Provided material Block Start
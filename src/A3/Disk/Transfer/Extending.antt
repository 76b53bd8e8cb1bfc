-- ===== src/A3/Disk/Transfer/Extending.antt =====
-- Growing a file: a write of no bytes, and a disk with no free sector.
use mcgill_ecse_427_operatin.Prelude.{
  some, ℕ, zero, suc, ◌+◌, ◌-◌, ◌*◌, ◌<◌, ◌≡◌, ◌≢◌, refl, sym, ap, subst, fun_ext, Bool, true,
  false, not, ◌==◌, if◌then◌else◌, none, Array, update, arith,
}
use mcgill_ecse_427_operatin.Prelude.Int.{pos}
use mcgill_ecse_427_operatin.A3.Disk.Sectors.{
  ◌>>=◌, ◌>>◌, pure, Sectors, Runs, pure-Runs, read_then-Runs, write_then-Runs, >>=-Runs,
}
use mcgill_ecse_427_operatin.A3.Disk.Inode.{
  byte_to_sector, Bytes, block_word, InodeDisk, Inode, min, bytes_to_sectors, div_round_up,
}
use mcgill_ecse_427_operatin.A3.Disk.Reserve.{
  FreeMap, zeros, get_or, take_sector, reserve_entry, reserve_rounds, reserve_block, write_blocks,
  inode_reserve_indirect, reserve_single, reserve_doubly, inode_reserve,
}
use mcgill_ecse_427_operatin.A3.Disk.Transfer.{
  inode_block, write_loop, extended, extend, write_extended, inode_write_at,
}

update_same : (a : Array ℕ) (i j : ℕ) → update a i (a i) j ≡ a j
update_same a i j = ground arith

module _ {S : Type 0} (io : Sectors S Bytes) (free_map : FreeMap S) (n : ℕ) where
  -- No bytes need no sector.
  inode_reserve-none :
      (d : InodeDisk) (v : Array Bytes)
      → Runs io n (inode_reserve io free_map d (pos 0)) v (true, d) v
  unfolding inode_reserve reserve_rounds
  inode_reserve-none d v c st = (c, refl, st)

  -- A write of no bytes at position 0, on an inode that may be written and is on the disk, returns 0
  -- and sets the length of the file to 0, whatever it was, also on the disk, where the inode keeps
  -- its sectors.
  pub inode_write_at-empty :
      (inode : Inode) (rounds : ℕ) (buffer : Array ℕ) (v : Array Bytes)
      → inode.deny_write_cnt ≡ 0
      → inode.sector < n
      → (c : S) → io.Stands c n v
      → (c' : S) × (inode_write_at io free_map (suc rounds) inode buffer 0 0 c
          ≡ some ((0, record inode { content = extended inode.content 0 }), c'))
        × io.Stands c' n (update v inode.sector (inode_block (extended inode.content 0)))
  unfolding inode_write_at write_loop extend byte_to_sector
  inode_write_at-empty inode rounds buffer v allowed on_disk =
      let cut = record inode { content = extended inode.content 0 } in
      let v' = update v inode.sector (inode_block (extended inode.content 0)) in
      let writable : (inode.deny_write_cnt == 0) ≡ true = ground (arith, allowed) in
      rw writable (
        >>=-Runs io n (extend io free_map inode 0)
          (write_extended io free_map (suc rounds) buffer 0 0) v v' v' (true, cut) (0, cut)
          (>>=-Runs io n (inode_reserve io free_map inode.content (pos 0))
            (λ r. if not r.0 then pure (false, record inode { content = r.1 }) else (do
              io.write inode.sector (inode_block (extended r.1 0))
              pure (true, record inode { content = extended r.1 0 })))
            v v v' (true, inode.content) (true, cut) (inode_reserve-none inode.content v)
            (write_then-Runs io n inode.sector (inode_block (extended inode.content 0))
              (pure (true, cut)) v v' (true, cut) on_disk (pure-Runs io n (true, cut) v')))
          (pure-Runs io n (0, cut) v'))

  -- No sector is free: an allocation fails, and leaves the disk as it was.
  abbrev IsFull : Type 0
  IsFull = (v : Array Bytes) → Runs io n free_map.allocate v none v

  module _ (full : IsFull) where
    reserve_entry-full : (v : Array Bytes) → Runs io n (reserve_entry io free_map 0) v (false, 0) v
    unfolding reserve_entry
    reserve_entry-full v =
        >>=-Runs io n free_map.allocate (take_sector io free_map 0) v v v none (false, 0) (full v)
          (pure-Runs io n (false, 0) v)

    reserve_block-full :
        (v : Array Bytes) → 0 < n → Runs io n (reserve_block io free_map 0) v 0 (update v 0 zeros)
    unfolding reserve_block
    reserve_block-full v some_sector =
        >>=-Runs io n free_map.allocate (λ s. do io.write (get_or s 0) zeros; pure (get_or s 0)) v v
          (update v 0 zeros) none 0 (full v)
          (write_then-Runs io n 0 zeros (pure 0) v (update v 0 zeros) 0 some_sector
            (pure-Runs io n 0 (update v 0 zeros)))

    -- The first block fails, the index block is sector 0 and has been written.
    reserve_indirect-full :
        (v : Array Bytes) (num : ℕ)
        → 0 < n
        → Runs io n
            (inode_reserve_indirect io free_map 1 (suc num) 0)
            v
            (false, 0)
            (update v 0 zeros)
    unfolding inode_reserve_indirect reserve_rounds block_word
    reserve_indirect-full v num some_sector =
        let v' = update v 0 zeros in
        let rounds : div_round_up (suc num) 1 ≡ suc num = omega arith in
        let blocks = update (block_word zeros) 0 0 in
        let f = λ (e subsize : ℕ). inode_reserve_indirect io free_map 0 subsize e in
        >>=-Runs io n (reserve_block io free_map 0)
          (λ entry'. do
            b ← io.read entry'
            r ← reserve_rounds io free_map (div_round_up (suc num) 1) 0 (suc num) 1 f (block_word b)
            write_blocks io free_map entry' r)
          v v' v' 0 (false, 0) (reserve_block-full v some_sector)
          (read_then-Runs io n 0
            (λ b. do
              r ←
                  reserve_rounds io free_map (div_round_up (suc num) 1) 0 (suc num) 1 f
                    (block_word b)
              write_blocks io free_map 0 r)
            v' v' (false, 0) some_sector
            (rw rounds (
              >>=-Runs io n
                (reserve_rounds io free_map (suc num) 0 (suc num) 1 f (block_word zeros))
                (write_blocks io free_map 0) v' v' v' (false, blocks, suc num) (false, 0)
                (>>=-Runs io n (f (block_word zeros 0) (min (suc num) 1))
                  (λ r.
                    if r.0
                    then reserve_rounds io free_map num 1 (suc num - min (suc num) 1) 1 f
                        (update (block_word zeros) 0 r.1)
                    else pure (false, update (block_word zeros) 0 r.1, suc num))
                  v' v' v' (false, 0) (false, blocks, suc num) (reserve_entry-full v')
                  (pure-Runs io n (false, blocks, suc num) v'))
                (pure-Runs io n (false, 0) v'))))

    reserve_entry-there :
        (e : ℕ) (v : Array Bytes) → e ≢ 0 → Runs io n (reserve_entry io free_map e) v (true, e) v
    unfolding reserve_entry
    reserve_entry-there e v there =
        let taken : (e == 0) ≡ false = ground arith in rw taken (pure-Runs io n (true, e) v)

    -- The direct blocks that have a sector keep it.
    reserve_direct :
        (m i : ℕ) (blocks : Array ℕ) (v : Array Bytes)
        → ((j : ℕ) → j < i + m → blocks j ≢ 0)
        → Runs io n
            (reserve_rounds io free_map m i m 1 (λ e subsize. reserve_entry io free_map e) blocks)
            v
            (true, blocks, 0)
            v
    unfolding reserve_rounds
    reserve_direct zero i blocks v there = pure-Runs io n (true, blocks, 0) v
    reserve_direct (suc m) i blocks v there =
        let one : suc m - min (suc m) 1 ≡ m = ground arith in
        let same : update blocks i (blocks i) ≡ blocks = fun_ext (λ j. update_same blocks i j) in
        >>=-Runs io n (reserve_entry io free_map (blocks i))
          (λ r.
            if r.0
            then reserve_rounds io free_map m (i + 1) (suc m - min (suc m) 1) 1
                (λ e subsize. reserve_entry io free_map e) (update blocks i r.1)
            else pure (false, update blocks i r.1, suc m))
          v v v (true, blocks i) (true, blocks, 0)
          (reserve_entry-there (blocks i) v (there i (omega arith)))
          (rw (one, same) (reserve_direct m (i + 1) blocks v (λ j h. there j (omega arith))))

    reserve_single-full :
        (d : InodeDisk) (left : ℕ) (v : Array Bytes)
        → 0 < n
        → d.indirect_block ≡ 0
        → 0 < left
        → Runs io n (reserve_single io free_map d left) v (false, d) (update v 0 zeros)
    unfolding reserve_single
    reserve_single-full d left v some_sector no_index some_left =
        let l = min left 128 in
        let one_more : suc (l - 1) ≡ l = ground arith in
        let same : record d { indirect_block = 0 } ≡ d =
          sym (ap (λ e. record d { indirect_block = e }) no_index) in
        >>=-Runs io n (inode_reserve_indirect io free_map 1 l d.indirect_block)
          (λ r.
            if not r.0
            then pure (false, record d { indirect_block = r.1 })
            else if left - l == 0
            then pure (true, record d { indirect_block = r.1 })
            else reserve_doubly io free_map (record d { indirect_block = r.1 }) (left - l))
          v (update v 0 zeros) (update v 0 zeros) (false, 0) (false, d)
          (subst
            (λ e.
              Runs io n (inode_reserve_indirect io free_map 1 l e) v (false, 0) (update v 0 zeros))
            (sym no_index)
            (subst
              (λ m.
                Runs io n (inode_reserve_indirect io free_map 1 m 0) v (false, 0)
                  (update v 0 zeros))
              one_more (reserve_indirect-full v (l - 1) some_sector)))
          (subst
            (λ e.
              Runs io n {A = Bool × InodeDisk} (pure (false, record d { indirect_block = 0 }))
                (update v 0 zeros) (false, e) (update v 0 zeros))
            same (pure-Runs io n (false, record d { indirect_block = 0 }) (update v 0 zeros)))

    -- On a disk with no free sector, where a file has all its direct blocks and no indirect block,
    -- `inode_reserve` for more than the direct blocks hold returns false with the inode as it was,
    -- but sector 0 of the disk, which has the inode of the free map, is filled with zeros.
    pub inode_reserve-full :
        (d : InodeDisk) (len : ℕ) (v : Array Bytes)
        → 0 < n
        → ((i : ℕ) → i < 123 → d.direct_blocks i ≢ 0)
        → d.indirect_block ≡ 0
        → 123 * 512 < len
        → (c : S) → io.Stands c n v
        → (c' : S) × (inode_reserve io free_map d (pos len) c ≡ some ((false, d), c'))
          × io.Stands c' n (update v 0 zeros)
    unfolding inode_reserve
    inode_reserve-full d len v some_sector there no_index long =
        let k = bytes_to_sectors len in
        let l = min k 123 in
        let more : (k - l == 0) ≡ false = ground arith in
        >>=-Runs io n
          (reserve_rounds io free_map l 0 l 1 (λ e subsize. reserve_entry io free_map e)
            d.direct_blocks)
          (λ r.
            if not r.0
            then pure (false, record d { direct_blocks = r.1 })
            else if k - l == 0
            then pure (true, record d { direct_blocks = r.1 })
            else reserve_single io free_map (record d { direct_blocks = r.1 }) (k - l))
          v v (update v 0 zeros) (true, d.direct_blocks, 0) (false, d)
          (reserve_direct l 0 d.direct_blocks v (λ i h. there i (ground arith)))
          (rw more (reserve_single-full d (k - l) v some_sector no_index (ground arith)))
Provided material Block End
> **Required work**
What lines above hold the word "writable"? Pull each one out.

> **Answer to this exercise**
      let writable : (inode.deny_write_cnt == 0) ≡ true = ground (arith, allowed) in
      rw writable (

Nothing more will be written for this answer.